Transcribe the lines of the records starting with the one that has "unfoldable pub next : ℕ → ℕ × ℕ" in it and ending with the last, and transcribe nothing else.
━━ EXERCISE MATERIALS ━━
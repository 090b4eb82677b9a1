-- ===== src/Smr/Rng.antt =====
-- rust/smr-collections/common/src/rng.rs: the splitmix64 generator of the workloads.
use Prim.Native.Nat.{bit_xor}
use hi_perf_cmp.Prelude.{ℕ, ◌*◌, ◌/◌, ◌%◌, ◌^◌, ◌≡◌, refl}
use hi_perf_cmp.Prelude.Word.{add64}

-- `SEED`
abbrev pub seed : ℕ
seed = 0x1234_5678_9ABC_DEF0

-- The state of a `SplitMix` is one u64.
abbrev mix : ℕ → ℕ → ℕ → ℕ
mix z shift factor = bit_xor z (z / 2 ^ shift) * factor % 2 ^ 64

abbrev finish : ℕ → ℕ
finish z = bit_xor z (z / 2 ^ 31)

-- `SplitMix::next`: the value, and the new state.
unfoldable pub next : ℕ → ℕ × ℕ
next state =
    let s = add64 state 0x9E37_79B9_7F4A_7C15 in
    (finish (mix (mix s 30 0xBF58_476D_1CE4_E5B9) 27 0x94D0_49BB_1331_11EB), s)

-- `splitmix_is_deterministic_and_known`
golden : (next seed).0 ≡ 0x161922c645ce50e8
unfolding next
golden = refl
━━━
# [RESPONSE]
unfoldable pub next : ℕ → ℕ × ℕ
next state =
    let s = add64 state 0x9E37_79B9_7F4A_7C15 in
    (finish (mix (mix s 30 0xBF58_476D_1CE4_E5B9) 27 0x94D0_49BB_1331_11EB), s)

-- `splitmix_is_deterministic_and_known`
golden : (next seed).0 ≡ 0x161922c645ce50e8
unfolding next
golden = refl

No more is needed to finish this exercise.